The soaring price of food, driven up by wartime shortages, continued to dominate the news. Everyone in Spokane was feeling the pain and fingers were being pointed.
One grocer took umbrage at the implication that retailers were driving up prices. He pointed the finger directly at the wholesalers.
“It is current talk that one wholesaler has seven carloads of lard in tierces which he declares he will hold until he gets 25 cents a pound for it, (and) that he has two carloads of beans, bought last fall at low prices, which he will not sell at less than 14 cents, (and) that he has a carload of rice, bought cheap and held for even higher figures than the present market,” he wrote, in an open letter.

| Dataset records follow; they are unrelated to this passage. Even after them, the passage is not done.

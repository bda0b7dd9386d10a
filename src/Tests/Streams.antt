-- ===== src/Tests/Streams.antt =====
-- A sender and a receiver together.
use fnal_artdaq.Base.{
  All, sym, subst, ◌⊎◌, inl, inr, ℕ, ◌+◌, ◌≤◌, ◌<◌, ◌≡◌, refl, List, [], ◌∷◌, ◌++◌, true, not, ok,
  ◌>>=◌, arith,
}
use fnal_artdaq.SHandles
use fnal_artdaq.SHandles.{SHandles, close}
use fnal_artdaq.SHandles.Closing.{CanSend, eods, all_messages, send_all, send_all-close}
use fnal_artdaq.RHandles
use fnal_artdaq.RHandles.{RHandles, any_source_active}
use fnal_artdaq.Protocol.{account_all, of_rank, IsStream}
use fnal_artdaq.Protocol.Delivery.{FromSources, account_all_lem, is_empty}
use fnal_artdaq.Protocol.Streams.{send_all-IsStream}
use fnal_artdaq.Tests.Sample.{SampleFragment, sample_core, sample_fragment}
use fnal_artdaq.Tests.Handles.{at_once, at_once-IsFair}

abbrev three : List SampleFragment
three = sample_fragment 1 0 ∷ sample_fragment 2 0 ∷ sample_fragment 3 0 ∷ []

abbrev broadcaster : SHandles SampleFragment
broadcaster = SHandles.new 2 100 2 0 true true

three-CanSend : All (CanSend sample_core 100) three
three-CanSend =
    ((ground arith, omega arith), ((ground arith, omega arith), ((ground arith, omega arith), tt)))

send_all-close_example :
    (t : SHandles SampleFragment) × (send_all sample_core at_once 1 three broadcaster
        >>= close sample_core at_once 1
      ≡ ok t)
    × (t.sent
        ≡ all_messages sample_core broadcaster three
          ++ eods sample_core (all_messages sample_core broadcaster three) 2 0)
send_all-close_example =
    send_all-close sample_core at_once 1 at_once-IsFair 2 100 2 0 true true (omega arith)
      (omega arith) (omega arith) (λ n. omega arith) three three-CanSend

send_all-IsStream_example :
    (t : SHandles SampleFragment) × (send_all sample_core at_once 1 three broadcaster
        >>= close sample_core at_once 1
      ≡ ok t)
    × IsStream sample_core (of_rank 1 t.sent)
send_all-IsStream_example =
    send_all-IsStream sample_core at_once 1 at_once-IsFair 2 100 2 0 true true (omega arith)
      (omega arith) (omega arith) (λ n. omega arith) three three-CanSend (omega arith) 1
      (omega arith) (omega arith)

-- The end-of-data fragment of rank 3 overtakes its last fragment; rank 4 sends none.
abbrev come : List (ℕ × SampleFragment)
come = (3, sample_fragment 1 0) ∷ (3, sample_core.eod_frag 2) ∷ (4, sample_core.eod_frag 0) ∷ []

abbrev to_come : List (ℕ × SampleFragment)
to_come = (3, sample_fragment 2 0) ∷ []

come-IsStream : (k : ℕ) → 3 ≤ k → k < 3 + 2 → IsStream sample_core (of_rank k (come ++ to_come))
come-IsStream k low high = elim (either k low high) [
  | inl first ↦
      subst (λ k. IsStream sample_core (of_rank k (come ++ to_come))) (sym first)
        (record {
          one_eod = refl;
          announced = (inl refl, (inr refl, (inl refl, tt)));
          bounded = omega arith;
        })
  | inr second ↦
      subst (λ k. IsStream sample_core (of_rank k (come ++ to_come))) (sym second)
        (record { one_eod = refl; announced = (inr refl, tt); bounded = omega arith })
]
  where
    either : (k : ℕ) → 3 ≤ k → k < 3 + 2 → (k ≡ 3) ⊎ (k ≡ 4)
    either k low high = ground (arith, low, high)

come-FromSources : FromSources 3 2 (come ++ to_come)
come-FromSources = (
  (omega arith, omega arith),
  ((omega arith, omega arith), ((omega arith, omega arith), ((omega arith, omega arith), tt))),
)

account_all_lem_example :
    (t : RHandles SampleFragment) × (RHandles.new 2 100 2 3 >>= account_all sample_core come ≡ ok t)
    × (any_source_active t ≡ not (is_empty to_come))
account_all_lem_example =
    account_all_lem sample_core 2 100 2 3 come to_come (omega arith) (omega arith) come-FromSources
      come-IsStream
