-- ===== src/Dedup/GenSet/Tests.antt =====
-- Runs of GenSet, and its theorems at concrete inputs.
use lobster_roll.Prelude.{has, ℕ, ◌*◌, ◌≤◌, ◌≡◌, refl, false, [], ◌∷◌, arith, nat_eq}
use lobster_roll.Dedup.GenSet.{GenSet, new_gen_sized, len, add, add_all}
use lobster_roll.Dedup.GenSet.Retention.{len-add_all-le, add-remembers}

abbrev small : GenSet ℕ
small = record { cur = []; old = []; max = 3 }

-- A generation of two: 8 is still known after 9.
still_known : (add (add_all (new_gen_sized {K = ℕ} 2) (6 ∷ 7 ∷ 8 ∷ 9 ∷ [])) 8).1 ≡ false
unfolding add add_all new_gen_sized has
still_known = refl

len-add_all-le_run : len (add_all (new_gen_sized {K = ℕ} 2) (6 ∷ 7 ∷ 7 ∷ 9 ∷ [])) ≤ 2 * 2
len-add_all-le_run = len-add_all-le 2 (6 ∷ 7 ∷ 7 ∷ 9 ∷ [])

add-remembers_run : (add (add_all (add small 4).0 (5 ∷ 6 ∷ [])) 4).1 ≡ false
unfolding add has
add-remembers_run = add-remembers small 4 (5 ∷ 6 ∷ []) (omega arith) refl (omega arith)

He said that certain wholesale “jobbers” were holding onto these staples “purely for speculation.”
The head of the Spokane Retail Grocers and Butchers Association also wrote a letter, blaming wholesalers.
In any case, relief was not in sight. On the same day, Spokane’s large milk distributors announced an increase in the price of a quart of milk from 10 cents to 12 cents.
From the labor beat: Union barbers in Spokane were demanding a 10-hour workday, down from their current 11-hour workday. A journeyman barber typically worked from 8 a.m. to 8 p.m., with an hour break for lunch.
Their union was now demanding a 7 p.m. closing time and issued an ultimatum to employers.